T H E R I V E R / B R U C E S P R I N G S T E E N
It's July 2013, and it's a heatwave. We're staying in the Peak District for a week, in the house where George Eliot wrote Adam Bede. It is square and white with giant doorways and wide floorboards. Fields on all four sides, occasionally occupied by a herd of sheep. They spend the long hot days with their mouths to the grass; sometimes they chomp so loud you can hear it all the way from the belly of the house. Every so often the herd drifts leftways towards the farm buildings and a stillness falls over the fields until their return.
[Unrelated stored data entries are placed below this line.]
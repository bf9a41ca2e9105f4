-- ===== src/Ir/Receiver/Collect.antt =====
-- A whole message reaches the decoder: the edges of its pulses, one after the other, end in one
-- call of the protocol's decoder on exactly those pulses, and in its callback.
use picolibs.Base.{
  ℕ, ◌+◌, ◌<◌, ◌^◌, ◌≡◌, refl, ◌∙◌, Bool, true, false, not, none, some, List, [], ◌∷◌, ◌++◌,
  append-nil, length, length-append, set-append_at, arith, u32, sub64, ◌==◌, if◌then◌else◌,
}
use picolibs.Alarm.{AlarmId}
use picolibs.Ir.Protocol.{Protocol}
use picolibs.Ir.Message.{Decoded}
use picolibs.Ir.Receiver.{
  Receiver, Grant, Event, Effect, edge, received, repeated, timed_out, failed, alarm_added,
  alarm_refused, alarm_cancelled, sem_released, cancel_log, add_log, store_pulse, check_sync,
  message_complete, collect, store_timestamp,
}

-- The edges of a train of pulses that starts at a time, the first one an end of a mark.
abbrev pub edges : ℕ → Bool → List ℕ → List Event
edges ts falling [] = []
edges ts falling (q ∷ qs) = edge (ts + q) falling ∷ edges (ts + q) (not falling) qs

abbrev pub total : List ℕ → ℕ
total [] = 0
total (q ∷ qs) = q + total qs

-- The calls of the application among the effects.
abbrev pub callbacks : List Effect → List Effect
callbacks [] = []
callbacks (received ts addr func ∷ es) = received ts addr func ∷ callbacks es
callbacks (repeated ts addr func ∷ es) = repeated ts addr func ∷ callbacks es
callbacks (timed_out msg n ∷ es) = timed_out msg n ∷ callbacks es
callbacks (failed ∷ es) = failed ∷ callbacks es
callbacks (alarm_added id ms ∷ es) = callbacks es
callbacks (alarm_refused ms ∷ es) = callbacks es
callbacks (alarm_cancelled id ∷ es) = callbacks es
callbacks (sem_released ∷ es) = callbacks es

callbacks-cancel_log :
    (id : AlarmId) (es : List Effect) → callbacks (cancel_log id es) ≡ callbacks es
callbacks-cancel_log none es = refl
callbacks-cancel_log (some id) es = refl

pub callbacks-add_log :
    (id : AlarmId) (ms : ℕ) (es : List Effect) → callbacks (add_log id ms es) ≡ callbacks es
callbacks-add_log none ms es = refl
callbacks-add_log (some id) ms es = refl

-- What the application is told of a decoded message, and what the receiver keeps.
abbrev pub reports : Decoded → ℕ → Receiver → List Effect → List Effect
reports d ts r log =
    if d.accepted
    then (if r.rcb then received ts d.addr d.func ∷ log else log)
    else (if r.err then failed ∷ log else log)

pub record IsDelivered (d : Decoded) (ts : ℕ) (r r' : Receiver) : Type 0 where
  pub told : callbacks r'.log ≡ reports d ts r (callbacks r.log)
  pub idle : r'.sync ≡ 0
  pub empty : r'.n_pulse ≡ 0
  pub no_alarm : (r'.msg_timer ≡ none) × (r'.bit_timer ≡ none)
  pub last_addr : r'.rpt_addr ≡ d.addr
  pub last_func : r'.rpt_func ≡ d.func

-- A receiver behind the sync sequence that holds the pulses `got`, and has told the application
-- nothing since it was `r0`.
pub record IsCollecting (len ts : ℕ) (got junk : List ℕ) (r0 r : Receiver) : Type 0 where
  pub told : callbacks r.log ≡ callbacks r0.log
  pub same_rcb : r.rcb ≡ r0.rcb
  pub same_err : r.err ≡ r0.err
  pub synced : r.sync ≡ 2
  pub count : r.n_pulse ≡ length got
  pub held : r.pulses ≡ got ++ junk
  pub room : length got + length junk ≡ len
  pub capacity : r.mx_pulse ≡ len
  pub stamp : r.prev_ts ≡ ts

module _ (p : Protocol) (grant : Grant) where
  message_complete-IsDelivered :
      (ts : ℕ) (d : Decoded) (r : Receiver)
      → p.decode r.pulses r.n_pulse ≡ some d
      → IsDelivered d ts r (message_complete p ts r)
  unfolding message_complete
  message_complete-IsDelivered ts d r e =
      ground (arith, callbacks-cancel_log r.msg_timer (cancel_log r.bit_timer r.log))

  -- The pulse that an edge measures.
  delta_of : (ts q : ℕ) → q < 2 ^ 32 → ts + q < 2 ^ 64 → u32 (sub64 (ts + q) ts) ≡ q
  delta_of ts q hq ht = omega arith

  -- One more pulse is stored behind the others.
  store_pulse-IsCollecting :
      (len ts t q y : ℕ) (got junk : List ℕ) (r0 r : Receiver)
      → len < 65536
      → IsCollecting len ts got (y ∷ junk) r0 r
      → IsCollecting len t (got ++ (q ∷ [])) junk r0 (record (store_pulse q r) { prev_ts = t })
  unfolding store_pulse
  store_pulse-IsCollecting len ts t q y got junk r0 r small h = record {
    told = h.told;
    same_rcb = h.same_rcb;
    same_err = h.same_err;
    synced = h.synced;
    count = ground (arith, h.count, h.room, length-append got (q ∷ []));
    held = rw (h.held, h.count) (set-append_at got y junk (length got) q refl);
    room = omega (arith, h.room, length-append got (q ∷ []));
    capacity = h.capacity;
    stamp = refl;
  }

  check_sync_synced :
      (ts : ℕ) (falling : Bool) (r : Receiver) → r.sync ≡ 2 → check_sync p ts falling r ≡ (true, r)
  unfolding check_sync
  check_sync_synced ts falling r e = ground arith

  store_timestamp_synced :
      (ts : ℕ) (falling : Bool) (r : Receiver)
      → r.sync ≡ 2
      → store_timestamp p grant ts falling r ≡ record (collect p ts r) { prev_ts = ts }
  unfolding store_timestamp
  store_timestamp_synced ts falling r e =
      let idle : (r.sync == 0) ≡ false = ground arith in rw (check_sync_synced ts falling r e, idle)

  collect_more :
      (ts q : ℕ) (r : Receiver)
      → u32 (sub64 ts r.prev_ts) ≡ q
      → r.n_pulse + 1 < r.mx_pulse
      → r.mx_pulse < 65536
      → collect p ts r ≡ store_pulse q r
  unfolding collect store_pulse
  collect_more ts q r e more small = ground arith

  collect_last :
      (ts q : ℕ) (r : Receiver)
      → u32 (sub64 ts r.prev_ts) ≡ q
      → r.n_pulse + 1 ≡ r.mx_pulse
      → r.mx_pulse < 65536
      → collect p ts r ≡ message_complete p ts (store_pulse q r)
  unfolding collect store_pulse
  collect_last ts q r e more small = ground arith

  -- An edge behind the sync sequence that does not complete the message.
  pub store_timestamp-IsCollecting :
      (ts q y : ℕ) (falling : Bool) (got junk : List ℕ) (r0 r : Receiver)
      → q < 2 ^ 32
      → ts + q < 2 ^ 64
      → IsCollecting p.message_len ts got (y ∷ junk) r0 r
      → length got + 1 < p.message_len
      → IsCollecting p.message_len
          (ts + q)
          (got ++ (q ∷ []))
          junk
          r0
          (store_timestamp p grant (ts + q) falling r)
  store_timestamp-IsCollecting ts q y falling got junk r0 r hq ht h more =
      let delta : u32 (sub64 (ts + q) r.prev_ts) ≡ q = rw h.stamp (delta_of ts q hq ht) in
      rw
        (
          store_timestamp_synced (ts + q) falling r h.synced,
          collect_more (ts + q) q r delta (omega (arith, h.count, h.capacity))
              (omega (arith, h.capacity, p.message_small)),
        )
        (store_pulse-IsCollecting p.message_len ts (ts + q) q y got junk r0 r p.message_small h)

  -- The decoder is called on all the pulses.
  complete-IsDelivered :
      (ts : ℕ) (d : Decoded) (got : List ℕ) (r0 r : Receiver)
      → IsCollecting p.message_len ts got [] r0 (record r { prev_ts = ts })
      → p.decode got p.message_len ≡ some d
      → IsDelivered d ts r0 (record (message_complete p ts r) { prev_ts = ts })
  complete-IsDelivered ts d got r0 r h decoded =
      let all : r.pulses ≡ got = h.held ∙ append-nil got in
      let count : r.n_pulse ≡ p.message_len = omega (arith, h.count, h.room) in
      let done = message_complete-IsDelivered ts d r (rw (all, count) decoded) in
      ground (arith, done)

  -- The edge that completes it.
  pub store_timestamp-IsDelivered :
      (ts q y : ℕ) (falling : Bool) (got : List ℕ) (r0 r : Receiver) (d : Decoded)
      → q < 2 ^ 32
      → ts + q < 2 ^ 64
      → IsCollecting p.message_len ts got (y ∷ []) r0 r
      → p.decode (got ++ (q ∷ [])) p.message_len ≡ some d
      → IsDelivered d (ts + q) r0 (store_timestamp p grant (ts + q) falling r)
  store_timestamp-IsDelivered ts q y falling got r0 r d hq ht h decoded =
      let delta : u32 (sub64 (ts + q) r.prev_ts) ≡ q = rw h.stamp (delta_of ts q hq ht) in
      let after =
        store_pulse-IsCollecting p.message_len ts (ts + q) q y got [] r0 r p.message_small h in
      rw
        (
          store_timestamp_synced (ts + q) falling r h.synced,
          collect_last (ts + q) q r delta (omega (arith, h.count, h.capacity, h.room))
              (omega (arith, h.capacity, p.message_small)),
        )
        (complete-IsDelivered (ts + q) d (got ++ (q ∷ [])) r0 (store_pulse q r) after decoded)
It's July 2013, and it's the summer I discover Bruce Springsteen. Properly discover him. I've discovered him before, of course: in a parked car outside the church (we're late for Mass but Mum won't let us get out until Born To Run's finished playing on the radio); on a long car journey to Stratford (my ipod battery fails, I borrow Mum's, I listen to Thunder Road once, I listen to nothing else for the rest of the ride); and in Hyde Park, and Wembley Stadium, and, one month ago, the Olympic Park (where I stand wide eyed amongst a crowd that smells of hay and beer and happiness).
One evening, that week in July, I pick my way across hens and vegetable patches, jump a fence into the fields. There are flies and birds but the air is quiet, that tranquil kind of peace after the heat of the day. At the far edge of the field there is a bank of rushes and then a river, purplish and wavering, populated by dragonflies and a heron. I have my headphones in. As I approach the water, quite by chance, The River starts to play.
I unplug the headphones, and let the opening notes of the harmonica skim and skid along the river, and up through the trees and peaks beyond.